→ **ACTION ITEM**
Your answer should reproduce the full set of records exactly as given.

[Stored data]
========================
-- ===== src/Manager/Outcomes.antt =====
-- lmrs/manager.py: what the exit codes of the commands mean, and what the commands leave behind.
use vvz_lmrs.Prelude.{
  ℕ, ◌≡◌, refl, ap, String, Bool, true, false, none, some, ok, ◌⊎◌, inl, inr, if◌then◌else◌,
}
use vvz_lmrs.Prelude.Int.{ℤ}
use vvz_lmrs.Lifecycle.{text_or}
use vvz_lmrs.Manager.{Platform, PidFile, missing, done, calling}
use vvz_lmrs.Manager.State.{Recorded, read_state, config_path, clear_state}
use vvz_lmrs.Manager.Probe.{health_ok}
use vvz_lmrs.Manager.Process.{pid_alive}
use vvz_lmrs.Manager.Control.{
  stop_server, stop_recorded, stop_process, server_status, status_recorded, status_alive,
  kill_and_clear,
}
use vvz_lmrs.Manager.After.{
  After, After-followed_by, After-any, After-weaken, After-calling, clear_state_lem,
  kill_and_clear_lem,
}

-- No process is on record.
abbrev pub Unrecorded : PidFile → Type 0
Unrecorded f = (read_state f).0 ≡ none

pub missing-Unrecorded : (f : PidFile) → f ≡ missing → Unrecorded f
unfolding read_state
missing-Unrecorded f e = rw e refl

module _ {S : Type 0} (os : Platform S) where
  -- A stop that returned ended with 0, and left nothing on record.
  stop_process_lem :
      (pid : ℤ) (alive : Bool) (f : PidFile) (w : S)
      → After (stop_process os pid alive f w) (λ code g _. (code ≡ 0) × Unrecorded g)
  unfolding stop_process
  stop_process_lem pid false f w =
      After-followed_by (clear_state os f w) (λ _ f w. (done 0, f, w)) (λ _ g _. g ≡ missing)
        (λ code g _. (code ≡ 0) × Unrecorded g) (clear_state_lem os f w)
        λ _ f _ e. (refl, missing-Unrecorded f e)
  stop_process_lem pid true f w =
      After-followed_by (kill_and_clear os pid f w) (λ _ f w. (done 0, f, w)) (λ _ g _. g ≡ missing)
        (λ code g _. (code ≡ 0) × Unrecorded g) (kill_and_clear_lem os pid f w)
        λ _ f _ e. (refl, missing-Unrecorded f e)

  stop_recorded_lem :
      (r : Recorded) (f : PidFile) (w : S)
      → (read_state f).0 ≡ r.0
      → After (stop_recorded os r f w) (λ code g _. (code ≡ 0) × Unrecorded g)
  unfolding stop_recorded
  stop_recorded_lem (none, _) f w e = (refl, e)
  stop_recorded_lem (some pid, _) f w e =
      After-any (calling f (pid_alive os pid w)) (stop_process os pid)
        (λ code g _. (code ≡ 0) × Unrecorded g) (stop_process_lem pid)

  -- With nothing on record, a status is 3 and a stop is 0, and neither touches anything.
  unrecorded_idle :
      (r : Recorded) (f : PidFile) (w : S)
      → r.0 ≡ none
      → (status_recorded os r f w ≡ (done 3, f, w)) × (stop_recorded os r f w ≡ (done 0, f, w))
  unfolding status_recorded stop_recorded
  unrecorded_idle (none, _) f w e = (refl, refl)
  unrecorded_idle (some pid, _) f w e = cc

  -- A stop that returns ends with 0, whatever the process-id file holds, and after it the status is
  -- 3 and a second stop is 0; these two touch neither the file nor the world.
  pub stop_then_status :
      (f : PidFile) (w : S)
      → After (stop_server os f w) (λ code g v.
        (code ≡ 0)
        × (server_status os g v ≡ (done 3, g, v))
        × (stop_server os g v ≡ (done 0, g, v)))
  unfolding stop_server server_status
  stop_then_status f w =
      After-weaken (stop_recorded os (read_state f) f w) (λ code g _. (code ≡ 0) × Unrecorded g) _
        (stop_recorded_lem (read_state f) f w refl)
        λ code g v (ended, empty).
          let (idle, again) = unrecorded_idle (read_state g) g v empty in (ended, idle, again)

  -- What an exit code of `status` says.
  unfoldable pub StatusSays : String → ℤ → ℕ → PidFile → PidFile → S → S → Type 0
  StatusSays cfg pid code f g w v =
      ((code ≡ 3) × (g ≡ missing) × ((pid_alive os pid w).0 ≡ ok false))
      ⊎ ((g ≡ f)
          × ((u : S) × (pid_alive os pid w ≡ (ok true, u))
              × (((code ≡ 0) × (health_ok os cfg u ≡ (ok true, v)))
                  ⊎ ((code ≡ 1) × (health_ok os cfg u ≡ (ok false, v))))))

  unfoldable pub StatusEnds : Recorded → ℕ → PidFile → PidFile → S → S → Type 0
  unfolding StatusSays
  StatusEnds (none, _) code f g w v = (code ≡ 3) × (g ≡ f) × (v ≡ w)
  StatusEnds (some pid, cfg) code f g w v =
      StatusSays (text_or cfg (config_path os)) pid code f g w v

  healthy_says :
      (cfg : String) (healthy : Bool) (code : ℕ) (u v : S)
      → code ≡ (if healthy then 0 else 1)
      → health_ok os cfg u ≡ (ok healthy, v)
      → ((code ≡ 0) × (health_ok os cfg u ≡ (ok true, v)))
        ⊎ ((code ≡ 1) × (health_ok os cfg u ≡ (ok false, v)))
  healthy_says cfg true code u v reported e = inl (reported, e)
  healthy_says cfg false code u v reported e = inr (reported, e)

  status_alive_lem :
      (cfg : String) (pid : ℤ) (alive : Bool) (f : PidFile) (w u : S)
      → pid_alive os pid w ≡ (ok alive, u)
      → After (status_alive os cfg alive f u) (λ code g v. StatusSays cfg pid code f g w v)
  unfolding status_alive StatusSays
  status_alive_lem cfg pid false f w u e =
      After-followed_by (clear_state os f u) (λ _ f w. (done 3, f, w)) (λ _ g _. g ≡ missing)
        (λ code g v. StatusSays cfg pid code f g w v) (clear_state_lem os f u)
        λ _ g v gone. inl (refl, gone, ap (λ r. r.0) e)
  status_alive_lem cfg pid true f w u e =
      After-followed_by (calling f (health_ok os cfg u))
        (λ healthy f w. (done (if healthy then 0 else 1), f, w))
        (λ healthy g v. (health_ok os cfg u ≡ (ok healthy, v)) × (g ≡ f))
        (λ code g v. StatusSays cfg pid code f g w v) (After-calling f (health_ok os cfg u))
        λ healthy g v (seen, same).
          inr (same, (u, e, healthy_says cfg healthy (if healthy then 0 else 1) u v refl seen))

  status_recorded_lem :
      (r : Recorded) (f : PidFile) (w : S)
      → (read_state f).0 ≡ r.0
      → After (status_recorded os r f w) (λ code g v. StatusEnds r code f g w v)
  unfolding status_recorded StatusEnds
  status_recorded_lem (none, _) f w e = (refl, refl, refl)
  status_recorded_lem (some pid, cfg) f w e =
      let resolved = text_or cfg (config_path os) in
      After-followed_by (calling f (pid_alive os pid w)) (status_alive os resolved)
        (λ alive g u. (pid_alive os pid w ≡ (ok alive, u)) × (g ≡ f))
        (λ code g v. StatusSays resolved pid code f g w v) (After-calling f (pid_alive os pid w))
        λ alive g u (answer, same). rw same (status_alive_lem resolved pid alive f w u answer)

  -- A status that returns is 3 exactly when no process is on record, where nothing changes, or the
  -- process on record does not exist, where the file is removed; else the process on record exists,
  -- the file stays, and the status is 0 or 1 as the probe of `/health` passes or fails.
  pub status_says :
      (f : PidFile) (w : S)
      → After (server_status os f w) (λ code g v. StatusEnds (read_state f) code f g w v)
  unfolding server_status
  status_says f w = status_recorded_lem (read_state f) f w refl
========================
→ **OUTPUT OF THE TASK**
-- ===== src/Manager/Outcomes.antt =====
-- lmrs/manager.py: what the exit codes of the commands mean, and what the commands leave behind.
use vvz_lmrs.Prelude.{
  ℕ, ◌≡◌, refl, ap, String, Bool, true, false, none, some, ok, ◌⊎◌, inl, inr, if◌then◌else◌,
}
use vvz_lmrs.Prelude.Int.{ℤ}
use vvz_lmrs.Lifecycle.{text_or}
use vvz_lmrs.Manager.{Platform, PidFile, missing, done, calling}
use vvz_lmrs.Manager.State.{Recorded, read_state, config_path, clear_state}
use vvz_lmrs.Manager.Probe.{health_ok}
use vvz_lmrs.Manager.Process.{pid_alive}
use vvz_lmrs.Manager.Control.{
  stop_server, stop_recorded, stop_process, server_status, status_recorded, status_alive,
  kill_and_clear,
}
use vvz_lmrs.Manager.After.{
  After, After-followed_by, After-any, After-weaken, After-calling, clear_state_lem,
  kill_and_clear_lem,
}

-- No process is on record.
abbrev pub Unrecorded : PidFile → Type 0
Unrecorded f = (read_state f).0 ≡ none

pub missing-Unrecorded : (f : PidFile) → f ≡ missing → Unrecorded f
unfolding read_state
missing-Unrecorded f e = rw e refl

module _ {S : Type 0} (os : Platform S) where
  -- A stop that returned ended with 0, and left nothing on record.
  stop_process_lem :
      (pid : ℤ) (alive : Bool) (f : PidFile) (w : S)
      → After (stop_process os pid alive f w) (λ code g _. (code ≡ 0) × Unrecorded g)
  unfolding stop_process
  stop_process_lem pid false f w =
      After-followed_by (clear_state os f w) (λ _ f w. (done 0, f, w)) (λ _ g _. g ≡ missing)
        (λ code g _. (code ≡ 0) × Unrecorded g) (clear_state_lem os f w)
        λ _ f _ e. (refl, missing-Unrecorded f e)
  stop_process_lem pid true f w =
      After-followed_by (kill_and_clear os pid f w) (λ _ f w. (done 0, f, w)) (λ _ g _. g ≡ missing)
        (λ code g _. (code ≡ 0) × Unrecorded g) (kill_and_clear_lem os pid f w)
        λ _ f _ e. (refl, missing-Unrecorded f e)

  stop_recorded_lem :
      (r : Recorded) (f : PidFile) (w : S)
      → (read_state f).0 ≡ r.0
      → After (stop_recorded os r f w) (λ code g _. (code ≡ 0) × Unrecorded g)
  unfolding stop_recorded
  stop_recorded_lem (none, _) f w e = (refl, e)
  stop_recorded_lem (some pid, _) f w e =
      After-any (calling f (pid_alive os pid w)) (stop_process os pid)
        (λ code g _. (code ≡ 0) × Unrecorded g) (stop_process_lem pid)

  -- With nothing on record, a status is 3 and a stop is 0, and neither touches anything.
  unrecorded_idle :
      (r : Recorded) (f : PidFile) (w : S)
      → r.0 ≡ none
      → (status_recorded os r f w ≡ (done 3, f, w)) × (stop_recorded os r f w ≡ (done 0, f, w))
  unfolding status_recorded stop_recorded
  unrecorded_idle (none, _) f w e = (refl, refl)
  unrecorded_idle (some pid, _) f w e = cc

  -- A stop that returns ends with 0, whatever the process-id file holds, and after it the status is
  -- 3 and a second stop is 0; these two touch neither the file nor the world.
  pub stop_then_status :
      (f : PidFile) (w : S)
      → After (stop_server os f w) (λ code g v.
        (code ≡ 0)
        × (server_status os g v ≡ (done 3, g, v))
        × (stop_server os g v ≡ (done 0, g, v)))
  unfolding stop_server server_status
  stop_then_status f w =
      After-weaken (stop_recorded os (read_state f) f w) (λ code g _. (code ≡ 0) × Unrecorded g) _
        (stop_recorded_lem (read_state f) f w refl)
        λ code g v (ended, empty).
          let (idle, again) = unrecorded_idle (read_state g) g v empty in (ended, idle, again)

  -- What an exit code of `status` says.
  unfoldable pub StatusSays : String → ℤ → ℕ → PidFile → PidFile → S → S → Type 0
  StatusSays cfg pid code f g w v =
      ((code ≡ 3) × (g ≡ missing) × ((pid_alive os pid w).0 ≡ ok false))
      ⊎ ((g ≡ f)
          × ((u : S) × (pid_alive os pid w ≡ (ok true, u))
              × (((code ≡ 0) × (health_ok os cfg u ≡ (ok true, v)))
                  ⊎ ((code ≡ 1) × (health_ok os cfg u ≡ (ok false, v))))))

  unfoldable pub StatusEnds : Recorded → ℕ → PidFile → PidFile → S → S → Type 0
  unfolding StatusSays
  StatusEnds (none, _) code f g w v = (code ≡ 3) × (g ≡ f) × (v ≡ w)
  StatusEnds (some pid, cfg) code f g w v =
      StatusSays (text_or cfg (config_path os)) pid code f g w v

  healthy_says :
      (cfg : String) (healthy : Bool) (code : ℕ) (u v : S)
      → code ≡ (if healthy then 0 else 1)
      → health_ok os cfg u ≡ (ok healthy, v)
      → ((code ≡ 0) × (health_ok os cfg u ≡ (ok true, v)))
        ⊎ ((code ≡ 1) × (health_ok os cfg u ≡ (ok false, v)))
  healthy_says cfg true code u v reported e = inl (reported, e)
  healthy_says cfg false code u v reported e = inr (reported, e)

  status_alive_lem :
      (cfg : String) (pid : ℤ) (alive : Bool) (f : PidFile) (w u : S)
      → pid_alive os pid w ≡ (ok alive, u)
      → After (status_alive os cfg alive f u) (λ code g v. StatusSays cfg pid code f g w v)
  unfolding status_alive StatusSays
  status_alive_lem cfg pid false f w u e =
      After-followed_by (clear_state os f u) (λ _ f w. (done 3, f, w)) (λ _ g _. g ≡ missing)
        (λ code g v. StatusSays cfg pid code f g w v) (clear_state_lem os f u)
        λ _ g v gone. inl (refl, gone, ap (λ r. r.0) e)
  status_alive_lem cfg pid true f w u e =
      After-followed_by (calling f (health_ok os cfg u))
        (λ healthy f w. (done (if healthy then 0 else 1), f, w))
        (λ healthy g v. (health_ok os cfg u ≡ (ok healthy, v)) × (g ≡ f))
        (λ code g v. StatusSays cfg pid code f g w v) (After-calling f (health_ok os cfg u))
        λ healthy g v (seen, same).
          inr (same, (u, e, healthy_says cfg healthy (if healthy then 0 else 1) u v refl seen))

  status_recorded_lem :
      (r : Recorded) (f : PidFile) (w : S)
      → (read_state f).0 ≡ r.0
      → After (status_recorded os r f w) (λ code g v. StatusEnds r code f g w v)
  unfolding status_recorded StatusEnds
  status_recorded_lem (none, _) f w e = (refl, refl, refl)
  status_recorded_lem (some pid, cfg) f w e =
      let resolved = text_or cfg (config_path os) in
      After-followed_by (calling f (pid_alive os pid w)) (status_alive os resolved)
        (λ alive g u. (pid_alive os pid w ≡ (ok alive, u)) × (g ≡ f))
        (λ code g v. StatusSays resolved pid code f g w v) (After-calling f (pid_alive os pid w))
        λ alive g u (answer, same). rw same (status_alive_lem resolved pid alive f w u answer)

  -- A status that returns is 3 exactly when no process is on record, where nothing changes, or the
  -- process on record does not exist, where the file is removed; else the process on record exists,
  -- the file stays, and the status is 0 or 1 as the probe of `/health` passes or fails.
  pub status_says :
      (f : PidFile) (w : S)
      → After (server_status os f w) (λ code g v. StatusEnds (read_state f) code f g w v)
  unfolding server_status
  status_says f w = status_recorded_lem (read_state f) f w refl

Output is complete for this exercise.